* [DATA]
-- ===== src/Auth.antt =====
-- Bearer authentication and the roles of principals: webapp/auth.py. The state is the token that the
-- process has cached and the token file; the principal registry is read only.
pub mod Registry
pub mod Entries
pub mod Access
pub mod Roles
mod Scenarios
use oracle_patching.Prelude.{
  ℕ, String, ◌<>◌, Bool, true, false, not, ◌&&◌, ◌||◌, Option, none, some, List, [], ◌∷◌, ◌==◌,
  string_eq, any, select, map, if◌then◌else◌,
}
use oracle_patching.Prelude.Text.{
  codes, strip, is_on, is_off, drop_spaces, is_space, lower, codes_eq,
}
use oracle_patching.Prelude.Dict
use oracle_patching.Exec.{
  Result, ok, err, and_then, check, some_or, Exec, pure, raise, lift, modify, ensure, ◌>>=◌, ◌>>◌,
}
use oracle_patching.Auth.Registry.{
  AuthError, missing_credential, actor_required, unknown_action, not_a_principal, lacks_role, World,
  Principal, rbac_enabled, load_entries, mem_text,
}

-- The first word, and what stands behind it, of a text without space at its start.
unfoldable pub first_word : String → String × String
unfolding is_space
first_word String.[] = (String.[], String.[])
first_word (String.◌∷◌ c s) =
    let (w, rest) = first_word s in
    if is_space (Prim.Native.Char.code c) then (String.[], s) else (String.◌∷◌ c w, rest)

-- `extract_bearer`: of `header.strip().split(None, 1)`, the second part after the word "bearer".
unfoldable pub extract_bearer : Option String → Option String
unfolding strip first_word lower codes codes_eq drop_spaces
extract_bearer none = none
extract_bearer (some header) =
    let (word, rest) = first_word (strip header) in
    let token = strip rest in
    if codes_eq (lower (codes word)) (codes "bearer")
    then (if token == "" then none else some token)
    else none

-- What a process keeps of the development token.
pub record TokenState : Type 0 where
  pub cached : Option String
  pub file : Option String

abbrev pub filled : Option String → Option String
filled none = none
filled (some t) = if t == "" then none else some t

-- `_read_token_file`
unfoldable pub read_token_file : TokenState → Option String
unfolding strip
read_token_file s = elim s.file [ none ↦ none | some raw ↦ filled (some (strip raw)) ]

-- `env_token` is the text of the environment, `generated` what `secrets.token_urlsafe` gives.
unfoldable pub ensure_token : (env_token generated : String) → Exec AuthError TokenState String
unfolding strip read_token_file
ensure_token env_token generated s = elim (filled s.cached) [
  | some t ↦ (ok t, s)
  | none ↦ elim (filled (some (strip env_token))) [
    | some t ↦ (ok t, record s { cached = some t })
    | none ↦ elim (read_token_file s) [
      | some t ↦ (ok t, record s { cached = some t })
      | none ↦ (ok generated, record { cached = some generated; file = some (generated <> "\n") })
    ]
  ]
]

-- The test of the comprehension in `require_api_auth`.
unfoldable pub is_match : String → Principal → Bool
is_match digest e = elim e.token_sha256 [
  | none ↦ false
  | some d ↦ (if d == "" then false else true) && digest == d
]

unfoldable pub matches : String → List Principal → List Principal
unfolding is_match select
matches digest entries = select (is_match digest) entries

unfoldable pub only_match : List Principal → Result AuthError (Option String)
only_match (e ∷ []) = ok (some e.actor)
only_match _ = err missing_credential

unfoldable pub principal_of :
    (sha256 : String → String) → World → Option String → Result AuthError (Option String)
unfolding load_entries matches only_match
principal_of sha256 w provided = and_then (load_entries w true) λ entries.
    and_then (some_or missing_credential provided) λ p. only_match (matches (sha256 p) entries)

-- The shared token of the lab.
unfoldable pub shared_token :
    (env_token generated : String) → Option String → Exec AuthError TokenState (Option String)
unfolding ensure_token
shared_token env_token generated provided = do
  expected ← ensure_token env_token generated
  ensure (elim provided [ none ↦ false | some p ↦ p == expected ]) missing_credential
  pure none

unfoldable pub require_api_auth :
    (sha256 : String → String) (env_token generated : String)
    → World
    → Option String
    → Exec AuthError TokenState (Option String)
unfolding extract_bearer rbac_enabled principal_of shared_token
require_api_auth sha256 env_token generated w header =
    if rbac_enabled w
    then lift (principal_of sha256 w (extract_bearer header))
    else shared_token env_token generated (extract_bearer header)

-- `if actor and roles: out[actor] = roles`
unfoldable pub add_roles :
    String → List String → List (String × List String) → List (String × List String)
unfolding Dict.put
add_roles actor [] out = out
add_roles actor (r ∷ rs) out = if actor == "" then out else Dict.put actor (r ∷ rs) out

-- The loop of `load_principals`.
unfoldable pub role_table :
    List Principal → List (String × List String) → List (String × List String)
unfolding strip add_roles select
role_table [] out = out
role_table (e ∷ es) out =
    let roles = select (λ r. if r == "" then false else true) (map strip e.roles) in
    role_table es (add_roles (strip e.actor) roles out)

unfoldable pub load_principals : World → Result AuthError (List (String × List String))
unfolding load_entries role_table
load_principals w = elim (load_entries w false) [ err e ↦ err e | ok es ↦ ok (role_table es []) ]

unfoldable pub validate_configuration : World → Result AuthError (Unit {0})
unfolding rbac_enabled load_entries
validate_configuration w =
    if rbac_enabled w then elim (load_entries w true) [ err e ↦ err e | ok es ↦ ok tt ] else ok tt

-- `roles.isdisjoint(needed)` is false.
unfoldable pub meets_role : List String → List String → Bool
unfolding any mem_text
meets_role roles needed = any (λ r. mem_text r needed) roles

-- `str(actor).strip()`, where it is not empty
unfoldable pub named : Option String → Option String
unfolding strip
named none = none
named (some a) = filled (some (strip a))

unfoldable pub require_role : World → Option String → String → Result AuthError (Unit {0})
unfolding rbac_enabled Registry.action_roles named load_principals Dict.get meets_role
require_role w actor action =
    if rbac_enabled w
    then (and_then (some_or unknown_action (Registry.action_roles action)) λ needed.
        and_then (some_or actor_required (named actor)) λ a.
          and_then (load_principals w) λ principals.
            and_then (some_or not_a_principal (Dict.get a principals))
              λ roles. check (meets_role roles needed) lacks_role)
    else ok tt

* [PROBLEM REQUIREMENTS] Look above for the line holding "(env_token generated : String) → Option" and the line holding "unfoldable pub role_table". Retype both, and every line between them, word for word and nothing else.

* [RESPONSE AREA]
    (env_token generated : String) → Option String → Exec AuthError TokenState (Option String)
unfolding ensure_token
shared_token env_token generated provided = do
  expected ← ensure_token env_token generated
  ensure (elim provided [ none ↦ false | some p ↦ p == expected ]) missing_credential
  pure none

unfoldable pub require_api_auth :
    (sha256 : String → String) (env_token generated : String)
    → World
    → Option String
    → Exec AuthError TokenState (Option String)
unfolding extract_bearer rbac_enabled principal_of shared_token
require_api_auth sha256 env_token generated w header =
    if rbac_enabled w
    then lift (principal_of sha256 w (extract_bearer header))
    else shared_token env_token generated (extract_bearer header)

-- `if actor and roles: out[actor] = roles`
unfoldable pub add_roles :
    String → List String → List (String × List String) → List (String × List String)
unfolding Dict.put
add_roles actor [] out = out
add_roles actor (r ∷ rs) out = if actor == "" then out else Dict.put actor (r ∷ rs) out

-- The loop of `load_principals`.
unfoldable pub role_table :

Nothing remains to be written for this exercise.